I'm pretty sure I'm doing something wrong. What's the correct method of specifying the default value?

quinor avatar Feb 27 '22 20:02 quinor

It looks as if there is no to_string operation for a pair, so it is failing on the validation of the default_val.
That will probably take a bit to fix that issue in the meantime I would suggest

// (...)
    float2 pre_translate;
    app.add_option<float2, std::pair<float, float>>(
        "--pre_translate", pre_translate, "translate before scaling (ie. to center the svg file)")->delimiter(',')
        ->default_str("0,0");
    // (...)

basically add the delimiter then just use the default_str to specify the default a little more directly

phlptp avatar Feb 27 '22 23:02 phlptp

Basically what you did should ideally work, but it does require there to be some way to convert the value to a string, which in the case of pair doesn't exist yet.
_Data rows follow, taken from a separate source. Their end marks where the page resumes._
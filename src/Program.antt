-- ===== src/Program.antt =====
-- compat/runner/main.py as a program: Harness(parse_args(argv)).execute().
pub mod Refusal
pub mod Outcome
use canokey_usbip.Prelude.{String, ◌<>◌, Option, ℤ}
use canokey_usbip.Host.{FilePath, Env, Exec, pure, zoom, ◌>>=◌}
use canokey_usbip.Host.Calls.{resolve, utc_now}
use canokey_usbip.Options.{Arguments, Options, resolve_given, parse_args}
use canokey_usbip.Harness.{Harness, new_harness, execute_run, started}

module _ ⦃host : Env⦄ where
  -- `Harness.__init__`: the run id is a time stamp and the hexadecimal digits of a fresh UUID, which are
  -- an argument, as is the directory of temporary files.
  unfoldable pub init_harness : Options → String → FilePath → Exec (Unit {0}) Harness
  init_harness options digits temp = do
    stamp ← utc_now
    output_dir ← resolve options.output_dir
    storage ← resolve_given options.storage
    let resolved : Options = record options { output_dir = output_dir; storage = storage }
    pure (record (new_harness resolved (stamp <> ("-" <> digits)) temp) { options = options })

  -- The exit code is what `execute` returns.
  unfoldable pub run_program : FilePath → Arguments → String → FilePath → Exec (Unit {0}) ℤ
  unfolding init_harness
  run_program repo_dir args digits temp = do
    options ← parse_args repo_dir args
    harness ← init_harness options digits temp
    zoom (λ u. started temp harness) (λ r u. u) (execute_run temp)
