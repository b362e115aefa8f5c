-- ===== src/Program/Refusal.antt =====
-- A command line that is refused, and the rest of the program.
use canokey_usbip.Prelude.{
  ◌≡◌, String, Bool, true, false, ◌&&◌, ◌||◌, pos, is_positive, Option, none, some, arith,
  if◌then◌else◌,
}
use canokey_usbip.Host.{
  Event, FilePath, History, Env, raised, system_exit, Exec, Exc, pure, raise, raise_if, continue,
  ◌>>=◌,
}
use canokey_usbip.Host.Calls
use canokey_usbip.Host.Within.{Within, Within-bind}
use canokey_usbip.Host.Plain.{IsPlain, Anything, plain_rules}
use canokey_usbip.Options.{Arguments, is_given, resolve_given, choose_output, parse_args}

-- The conditions of `parse_args`.
abbrev pub is_accepted : Arguments → Bool
is_accepted args = is_positive args.timeout && (args.build_only || is_given args.test_command)

abbrev pub refusal : Arguments → String
refusal args =
    if is_positive args.timeout
    then "--test-command is required"
    else "--timeout must be greater than zero"

-- Paths are resolved and the time is read.
abbrev pub IsLook : Event → Type 0
IsLook (Event.resolve p) = Unit
IsLook Event.utc_now = Unit
IsLook _ = ⊥

module _ ⦃host : Env⦄ (repo_dir : FilePath) (args : Arguments) where
  pub parse_args-refused :
      {S : Type 0} (s : S) (t : History)
      → is_accepted args ≡ false
      → parse_args repo_dir args s t ≡ (raised (system_exit (pos 2) (refusal args)), s, t)
  unfolding parse_args ◌>>=◌ raise_if raise pure continue
  parse_args-refused s t h = ground arith

  module _ {S : Type 0} where
    abbrev Looks : {A : Type 0} → Exec S A → Type 0
    Looks = Within ⊥ Anything IsLook IsPlain

    pub resolve_given-Looks : (o : Option FilePath) → Looks (resolve_given o)
    unfolding resolve_given Calls.resolve
    resolve_given-Looks none = search plain_rules
    resolve_given-Looks (some p) = search plain_rules depth 10

    choose_output-Looks : (d : FilePath) (o : Option FilePath) → Looks (choose_output d o)
    unfolding choose_output Calls.utc_now
    choose_output-Looks d none = search plain_rules depth 10
    choose_output-Looks d (some p) = search plain_rules

    passed : (b : Bool) (e : Exc) → b ≡ false → Looks (raise_if b e)
    unfolding raise_if
    passed b e h = rw h (search plain_rules)

    pub parse_args-Looks : is_accepted args ≡ true → Looks (parse_args repo_dir args)
    unfolding parse_args Calls.resolve
    parse_args-Looks h = Within-bind _ _ (passed _ _ (ground arith)) λ u.
        Within-bind _ _ (passed _ _ (ground arith))
          λ v. search (plain_rules, resolve_given-Looks, choose_output-Looks) depth 20
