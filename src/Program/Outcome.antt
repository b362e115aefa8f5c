-- ===== src/Program/Outcome.antt =====
-- How the program ends, for every command line.
use canokey_usbip.Prelude.{[], fresh, ◌≡◌, String, Bool, true, false, ℤ, pos}
use mathlib.Core.Logic.{◌⊎◌}
use canokey_usbip.Host.{Exc, FilePath, join, History, Env, Result, raised, system_exit}
use canokey_usbip.Host.Calls
use canokey_usbip.Host.Within.{Within, Raises}
use canokey_usbip.Host.Plain.{IsPlain}
use canokey_usbip.Host.Emits.{Extends}
use canokey_usbip.Options.{Options, Arguments}
use canokey_usbip.Harness.{Harness, execute_run, started}
use canokey_usbip.Harness.TidyExecute.{OnlyRemoves}
use canokey_usbip.Program.Refusal.{refusal, IsLook}

abbrev pub workspace_of : FilePath → String → FilePath
workspace_of temp id = join (join temp "canokey-usbip") id

-- Nothing is removed but the workspace of a run, and an exception that ends the program is no SystemExit,
-- and carries exit code 1 if it is a PhaseError.
abbrev pub RunsOnce : FilePath → History → Result ℤ × Unit {0} × History → Type 0
RunsOnce temp t x =
    ((id : String) × Extends (OnlyRemoves (workspace_of temp id)) t x.2)
    × Raises (Unit {0}) IsPlain x.0

-- The options are those of the command line.
abbrev pub Accords : FilePath → Arguments → Options → Type 0
Accords repo_dir args o =
    (o.repo_dir ≡ repo_dir)
    × (pos o.timeout ≡ args.timeout)
    × (o.core_ref ≡ args.core_ref)
    × (o.test_command ≡ args.test_command)
    × (o.keep_on_failure ≡ args.keep_on_failure)
    × (o.build_only ≡ args.build_only)
    × (o.build_dir ≡ args.build_dir)
    × (o.touch ≡ args.touch)
    × (o.readiness_requirements ≡ fresh [] args.readiness_requirements)

-- A harness for the command line, with a workspace in the directory of temporary files.
abbrev pub IsFor : FilePath → Arguments → FilePath → Harness → Type 0
IsFor repo_dir args temp h =
    Accords repo_dir args h.options × (id : String) × (h.workspace ≡ workspace_of temp id)

module _ ⦃host : Env⦄ (repo_dir : FilePath) (args : Arguments) (temp : FilePath) where
  -- A path cannot be resolved, or the program ends as the run of a harness for the command line does.
  abbrev pub IsRun : History → Result ℤ × Unit {0} × History → Type 0
  IsRun t x =
      ((e : Exc) × (x.0 ≡ raised e) × IsPlain e × Extends IsLook t x.2)
      ⊎ ((h : Harness) × (u : History) × Extends IsLook t u
          × IsFor repo_dir args temp h
          × (x.0 ≡ (execute_run temp (started temp h) u).0)
          × (x.2 ≡ (execute_run temp (started temp h) u).2))

  abbrev Completes : History → Result ℤ × Unit {0} × History → Type 0
  Completes t x = IsRun t x × RunsOnce temp t x

  -- By whether the command line is accepted.
  abbrev pub ProgramOutcome : History → Result ℤ × Unit {0} × History → Bool → Type 0
  ProgramOutcome t x false = x ≡ (raised (system_exit (pos 2) (refusal args)), tt, t)
  ProgramOutcome t x true = Completes t x
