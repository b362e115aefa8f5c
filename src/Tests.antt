-- ===== src/Tests.antt =====
-- A concrete host, and the theorems at concrete inputs.
mod Stops
mod Machine
mod Runs
mod Endings
mod Devices
mod Taken
mod Commands
mod Loops
mod Ended
mod Passed
mod Lookups
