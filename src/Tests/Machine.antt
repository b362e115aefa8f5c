-- ===== src/Tests/Machine.antt =====
-- A host that answers every call at once: each program works, nothing is busy but the lock, and the
-- clock moves only when the runner sleeps.
use canokey_usbip.Prelude.{ℕ, ◌+◌, ◌≤◌, true, none, some, [], ◌∷◌, pos, arith}
use canokey_usbip.Host.{
  Event, sleep, History, blocking_io, Env, IsClock, done, failed, completed, loaded,
}

unfoldable pub elapsed : History → ℕ
elapsed [] = 0
elapsed (sleep d ∷ t) = elapsed t + d
elapsed (e ∷ t) = elapsed t

abbrev pub busy : Env
busy = record {
  run =
      λ argv cwd timeout log t. completed (record { returncode = pos 0; stdout = ""; stderr = "" });
  popen = λ argv cwd added t. done 7;
  poll = λ pid t. none;
  wait = λ pid seconds t. some (pos 0);
  wait_exit = λ pid t. pos 0;
  killpg = λ pid sig t. done tt;
  kill = λ pid sig t. done tt;
  probe = λ pid t. done tt;
  monotonic = elapsed;
  utc_now = λ t. "20260101T000000Z";
  exists = λ p t. true;
  is_dir = λ p t. true;
  is_file = λ p t. true;
  resolve = λ p t. done p;
  glob = λ p pattern' t. [];
  read_text = λ p t. done "";
  read_json = λ p t. loaded [];
  read_mappings = λ p t. loaded [];
  write_text = λ p c t. done tt;
  append_text = λ p s t. done tt;
  open_log = λ p t. done tt;
  mkdir = λ p t. done tt;
  copytree = λ p q ignore t. done tt;
  flock = λ p t. failed blocking_io "busy";
  which = λ name t. true;
  pcsclite_found = λ t. true;
  pcsclite_loads = λ t. true;
  establish = λ t. 0;
  list_length = λ t. (0, 0);
  list_buffer = λ length t. (0, []);
  decode = λ raw. "";
  euid = 0;
  is_linux = true;
  environ = λ name. none;
  kernel = "6.1";
}

elapsed-forward : (e : Event) (t : History) → elapsed t ≤ elapsed (e ∷ t)
unfolding elapsed
elapsed-forward (sleep d) t = omega arith
elapsed-forward e t = omega arith

elapsed-slept : (d : ℕ) (t : History) → elapsed t + d ≤ elapsed (sleep d ∷ t)
unfolding elapsed
elapsed-slept d t = omega arith

pub busy-IsClock : IsClock busy
unfolding elapsed
busy-IsClock = record { forward = elapsed-forward; slept = elapsed-slept }
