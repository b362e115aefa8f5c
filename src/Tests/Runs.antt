-- ===== src/Tests/Runs.antt =====
-- Whole runs, the polling loop and the command line, on the host that works.
use canokey_usbip.Prelude.{
  suc, ◌≡◌, ◌≢◌, refl, ℕ, true, false, not, ◌||◌, none, some, [], ◌∷◌, pos, is_zero, is_some, fresh,
  ◌≤◌, ◌<◌, ◌+◌, arith,
}
use canokey_usbip.Host.Calls
use canokey_usbip.Command.{git_value, run_command, tool_version}
use canokey_usbip.Platform.{collect_debug}
use canokey_usbip.Host.{
  in_phase, ◌>>=◌, gets, zoom, catch, raise_if, modify, finally, History, diverged, Exec, pure,
}
use canokey_usbip.Host.Emits.{Extends, Emits-pure}
use canokey_usbip.Host.Polling.{Probe, go_on, poll_for}
use canokey_usbip.Host.Polling.Ends.{poll_for-ends, poll_for-expired}
use canokey_usbip.Options.{Options, Arguments, is_given, parse_args}
use canokey_usbip.Options.Parse.{parse_args-accepted}
use canokey_usbip.Harness.{Harness, new_harness}
use canokey_usbip.Harness.{
  execute_run, started, self, base_metadata, save_metadata, lifecycle, handle, cleanup,
  acquire_lock, collect, show_debug, detach_owned_port, stop, stop_server, record_end,
  drop_workspace, preserves_workspace,
}
use canokey_usbip.Harness.ExitCode.{execute-exit_code}
use canokey_usbip.Harness.TidyExecute.{OnlyRemoves, execute-OnlyRemoves}
use canokey_usbip.Tests.Machine.{busy, busy-IsClock, elapsed}

abbrev pub arguments : Arguments
arguments = record {
  core_ref = some "3.0.1";
  core_dir = none;
  test_command = some "pytest";
  readiness_requirements = "hid" ∷ "pcsc" ∷ "hid" ∷ [];
  storage = none;
  timeout = pos 30;
  keep_on_failure = false;
  touch = false;
  output_dir = some "/out";
  build_only = false;
  build_dir = none;
}

abbrev pub options : Options
options = record {
  repo_dir = "/repo";
  caller_dir = ".";
  core_ref = some "3.0.1";
  core_dir = none;
  test_command = some "pytest";
  storage = none;
  timeout = 30;
  keep_on_failure = false;
  output_dir = "/out";
  build_only = false;
  build_dir = none;
  touch = false;
  readiness_requirements = "hid" ∷ "pcsc" ∷ [];
}

parse_args-accepted_example :
    (0 < options.timeout)
    × ((options.build_only || is_given options.test_command) ≡ true)
    × (pos options.timeout ≡ arguments.timeout)
    × (options.readiness_requirements ≡ fresh [] arguments.readiness_requirements)
unfolding parse_args ◌>>=◌ raise_if Calls.resolve
parse_args-accepted_example = parse_args-accepted ⦃host = busy⦄ "/repo" arguments [] options refl

abbrev pub harness : Harness
harness = new_harness ⦃host = busy⦄ options "run" "/tmp"

execute-OnlyRemoves_example :
    let (code, r', t') =
      execute_run ⦃host = busy⦄ "/tmp" (started ⦃host = busy⦄ "/tmp" harness) [] in
    Extends (OnlyRemoves harness.workspace) [] t' × (r'.harness.workspace ≡ harness.workspace)
execute-OnlyRemoves_example =
    execute-OnlyRemoves ⦃host = busy⦄ "/tmp" (started ⦃host = busy⦄ "/tmp" harness) []

execute-exit_code_example :
    let r' = (execute_run ⦃host = busy⦄ "/tmp" (started ⦃host = busy⦄ "/tmp" harness) []).1 in
    (pos 1 ≡ r'.result) × (is_some r'.failure ≡ not (is_zero (pos 1)))
unfolding execute_run ◌>>=◌ gets Calls.mkdir self zoom base_metadata git_value catch run_command
    Calls.run raise_if tool_version Calls.utc_now modify save_metadata Calls.write_text finally
    lifecycle handle cleanup acquire_lock Calls.open_log Calls.flock in_phase Calls.print_error
    collect collect_debug Calls.which new_harness show_debug detach_owned_port stop stop_server
    Calls.exists Calls.read_json record_end drop_workspace Calls.rmtree preserves_workspace
execute-exit_code_example = execute-exit_code ⦃host = busy⦄ "/tmp" harness [] (pos 1) refl

-- A probe that is never satisfied.
abbrev never : ℕ → Exec (Unit {0}) (Probe ℕ ℕ)
never n = pure (go_on (suc n))

never-total : (n : ℕ) (s : Unit {0}) (t : History) → (never n s t).0 ≢ diverged
unfolding pure
never-total n s t h = cc

poll_for-ends_example : (poll_for ⦃host = busy⦄ 1000 250 0 never tt []).0 ≢ diverged
poll_for-ends_example =
    poll_for-ends ⦃host = busy⦄ busy-IsClock {P = λ e. Unit {0}} never 250 never-total
      (λ n. Emits-pure (go_on (suc n))) 1000 0 tt [] (omega arith)

poll_for-expired_example :
    elapsed [] + 1000 ≤ elapsed (poll_for ⦃host = busy⦄ 1000 250 0 never tt []).2
unfolding poll_for ◌>>=◌ Calls.monotonic elapsed pure Calls.sleep
poll_for-expired_example = poll_for-expired ⦃host = busy⦄ busy-IsClock never 250 1000 0 4 tt [] refl
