-- ===== src/Tests/Devices.antt =====
-- The device's port and the readers, on the host that works.
use canokey_usbip.Prelude.{show, String, List, arith, false, ◌≡◌, refl, true, none, some, [], ◌∷◌}
use canokey_usbip.Host.{Event}
use canokey_usbip.Platform.{Platform}
use canokey_usbip.Platform.{privileged}
use canokey_usbip.Platform.{pcsc_readers}
use canokey_usbip.Platform.{detach, detach_command, released}
use canokey_usbip.Text.Match.{codes}
use canokey_usbip.Platform.Ports.{parse_ports}
use canokey_usbip.Platform.Ports.Lines.{is_plain, starts_line}
use canokey_usbip.Platform.Ports.Table.{Entry, table_text, first_named, parse_ports-table}
use canokey_usbip.Platform.Gentle.{Gentle}
use canokey_usbip.Host.Plain.{Anything}
use canokey_usbip.Platform.Harmless.{platform_harmless}
use canokey_usbip.Platform.Detach.{latest, detach_known, pcsc_readers-release}
use canokey_usbip.Platform.{prepare_host, matching_usb_devices, attach, wait_ready, collect_debug}
use canokey_usbip.Tests.Machine.{busy}

abbrev pub plugged : Platform
plugged = record {
  output_dir = "/out";
  timeout = 30;
  usb_vid = "20a0";
  usb_pid = "42d4";
  readiness_requirements = [];
  device_path = some "/sys/bus/usb/devices/3-1";
  usb_port = some "2";
  owns_attachment = true;
  pcsc_readers_before = [];
}

detach_known_example :
    ((detach ⦃host = busy⦄ plugged []).1
      ≡ record plugged { owns_attachment = false; usb_port = none; device_path = none })
    × ((detach ⦃host = busy⦄ plugged []).2
        ≡ Event.run ("usbip" ∷ "detach" ∷ "--port" ∷ "2" ∷ []) none (some 20) false
          ∷ Event.which "usbip"
          ∷ [])
detach_known_example = detach_known ⦃host = busy⦄ plugged [] "2" refl refl refl refl

pcsc_readers-release_example : latest (pcsc_readers ⦃host = busy⦄ plugged []).2 ≡ some Event.release
pcsc_readers-release_example = pcsc_readers-release ⦃host = busy⦄ plugged [] refl refl refl

platform_harmless_example :
    Gentle (Unit {0}) Anything (prepare_host ⦃host = busy⦄ {S = Platform})
    × Gentle (Unit {0}) Anything (matching_usb_devices ⦃host = busy⦄)
    × Gentle (Unit {0}) Anything (attach ⦃host = busy⦄ [])
    × Gentle (Unit {0}) Anything (wait_ready ⦃host = busy⦄)
    × Gentle (Unit {0}) Anything (collect_debug ⦃host = busy⦄)
    × Gentle (Unit {0}) Anything (detach ⦃host = busy⦄)
platform_harmless_example = platform_harmless ⦃host = busy⦄ []

abbrev entries : List Entry
entries =
    record { number = 0; body = codes " <Port in Use>\n  other (1234:5678)\n" }
    ∷ record { number = 12; body = codes " <Port in Use>\n  x (20A0:42d4)\n" }
    ∷ []

abbrev printed : String
printed =
    "Imported USB devices\nPort 00: <Port in Use>\n  other (1234:5678)\nPort 12: <Port in Use>\n  x (20A0:42d4)\n"

entries_example : first_named "20a0:42d4" entries ≡ some "12"
unfolding first_named show canokey_usbip.Platform.names_device canokey_usbip.Text.Match.has_part
entries_example = refl

parse_ports-table_example : parse_ports "20a0:42d4" printed ≡ first_named "20a0:42d4" entries
unfolding is_plain starts_line table_text
parse_ports-table_example =
    parse_ports-table "20a0:42d4" printed (codes "Imported USB devices\n") entries refl refl
      ((omega arith, refl, refl), ((omega arith, refl, refl), tt)) refl
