-- ===== src/Tests/Commands.antt =====
-- Commands of compat/runner/control.py on concrete sessions.
use canokey_usbip.Prelude.{◌≡◌, refl, false, some, List, [], ◌∷◌, String, pos, contains, lookup}
use canokey_usbip.Host.{
  Env, History, Json, OsError, failed, ok, ◌>>=◌, gets, catch, pure, modify, raise_if, zoom,
  finally,
}
use canokey_usbip.Host.Calls
use canokey_usbip.Host.Polling.{poll_for}
use canokey_usbip.Command.{run_command}
use canokey_usbip.Host.Reaches.{Ends}
use canokey_usbip.Platform.{pcsc_readers, detach}
use canokey_usbip.Harness.{state_of}
use canokey_usbip.Control.{
  Session, act, stop_pid, pid_of, recorded_platform, wait_reader_removed, bring_up_or_undo,
}
use canokey_usbip.Control.Command.{Command}
use canokey_usbip.Control.Quiet.{CanSignal}
use canokey_usbip.Control.Recorded.{Transition}
use canokey_usbip.Control.Resume.{resumed, recorded_platform-state_of}
use canokey_usbip.Control.Reached.{Reached}
use canokey_usbip.Control.Removal.{wait_reader_removed-lists}
use canokey_usbip.Control.Transitions.{act-Transition}
use canokey_usbip.Control.Undo.{NamesPort, NamesNothing, bring_up_or_undo-Ends}
use canokey_usbip.Tests.Machine.{busy, elapsed}
use canokey_usbip.Tests.Runs.{harness}
use canokey_usbip.Tests.Devices.{plugged}

-- The server has ended by itself.
abbrev ended_server : Env
ended_server = record busy { killpg = λ pid sig t. failed OsError.process_lookup "" }

abbrev session : Session
session = record {
  state_path = "/tmp/state.json";
  state =
      ("pid", Json.num (pos 7)) ∷ ("usb_port", Json.str "2") ∷ ("timeout", Json.num (pos 1)) ∷ [];
  platform = plugged;
}

busy-CanSignal : CanSignal busy 7
busy-CanSignal = record { terminated = λ t. tt; killed = λ t. tt; probed = λ t. tt }

act-Transition_example :
    let (result, s', t') = act ⦃host = ended_server⦄ Command.stop session [] in
    Transition ⦃host = ended_server⦄ session [] s' t' Command.stop
unfolding act ◌>>=◌ zoom detach gets Calls.which pure finally run_command Calls.run raise_if modify
    stop_pid catch Calls.killpg Calls.write_text
act-Transition_example = act-Transition ⦃host = ended_server⦄ Command.stop session [] refl

bring_up_or_undo-Ends_example :
    Ends NamesPort NamesNothing (bring_up_or_undo ⦃host = busy⦄ 7 [] session [])
bring_up_or_undo-Ends_example = bring_up_or_undo-Ends ⦃host = busy⦄ 7 [] session [] busy-CanSignal

recorded_platform-state_of_example :
    (recorded_platform (state_of harness 7 (some "2")) session []
      ≡ (ok (resumed harness (some "2")), session, []))
    × (pid_of (lookup "pid" (state_of harness 7 (some "2"))) session [] ≡ (ok (pos 7), session, []))
recorded_platform-state_of_example = recorded_platform-state_of harness 7 (some "2") session []

wait_reader_removed-lists_example :
    (readers : List String) × (u : History) × (s' : Session) × (u' : History) × (pcsc_readers
        ⦃host = busy⦄ session u
      ≡ (ok (some readers), s', u'))
    × (contains readers "CanoKey" ≡ false)
unfolding wait_reader_removed ◌>>=◌ poll_for Calls.monotonic elapsed pcsc_readers
    Calls.find_pcsclite Calls.load_pcsclite Calls.establish raise_if finally Calls.list_length
    Calls.release
wait_reader_removed-lists_example =
    wait_reader_removed-lists ⦃host = busy⦄ "CanoKey" session [] refl

-- The file that the harness writes, and the dict after `stop`.
abbrev written : Session
written = record {
  state_path = "/tmp/state.json";
  state = state_of harness 7 (some "2");
  platform = plugged;
}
So until that is resolved you would need to use a bit of workaround.

phlptp avatar Feb 27 '22 23:02 phlptp

Thank you for the swift response! I did a (different) workaround. I'm waiting for a fix to come in the future :)

quinor avatar Feb 28 '22 02:02 quinor

Yeah, I also couldn't make it work with strings. :-/

    using certs = std::pair<std::string, std::string>;
    certs x;
    op->add_option<certs>(
        "--verify", x,
        "[SIGNER SUBJECT] Verify the signature of the subject cert with the signer;\n"
        "by default, 'root.crt' and 'leaf.crt' are used")
        ->delimiter(' ')
        ->default_str("root.crt leaf.crt");

When I ran it with an empty option --verify it complains:

--verify: 2 required [TEXT,TEXT] missing
Run with --help for more information.

which doesn't make any sense since I have a default string value set, and BTW, [TEXT,TEXT] also doesn't make sense since I changed the delimiter.

If I do not use the --verify option at all, the x is empty anyway.

It looks like the default with complex types does not work at all, or am I missing something in the code?

ademyankov avatar Jan 12 '23 03:01 ademyankov

It looks like I didn't understand how the options works. The default value is assigned only if the option is not specified in the command line arguments. Otherwise, it is required to provide a value for the option.

And the ->default_str() is not the right function to use, it has to be ->default_val()

    std::string str;
    op->add_option<std::string>(
        "-s,--str", str, "description")
        ->default_val("abc");

But in this case, the logic behind default_val() doesn't make any sense :/ since I can set the default value when I declare the variable std::string str("abc");

ademyankov avatar Jan 12 '23 18:01 ademyankov

The default_val/str is used in a few cases

  1. When displaying a value in help - it can be derived from the variable used in the add_option as well.
  2. When querying the value of an option that was not given opt->results(output)
  3. When no arguments are passed to an option that allows arguments but is specified to allow none or some.

In your case if you want to use the default_str for case 3 then what is needed is

 op->add_option(
        "-s,--str", str, "description")
        ->default_val("abc")->expected(0,1); 

now in the case of pair I think we are still working out all the edge cases with default values and multivalue non-vector inputs and things like that but it should look like this

using certs = std::pair<std::string, std::string>;
    certs x;
    op->add_option(
        "--verify", x,
        "[SIGNER SUBJECT] Verify the signature of the subject cert with the signer;\n"
        "by default, 'root.crt' and 'leaf.crt' are used")
        ->delimiter(' ')
        ->default_str("root.crt leaf.crt")->expected(0,2);

the main thing you are missing is expected(0,max)

phlptp avatar Jan 12 '23 23:01 phlptp

Thank you, @phlptp ! That was exactly what I was missing. Now, I understand what it means in the documentation expected(0,1) is the equivalent of making a flag.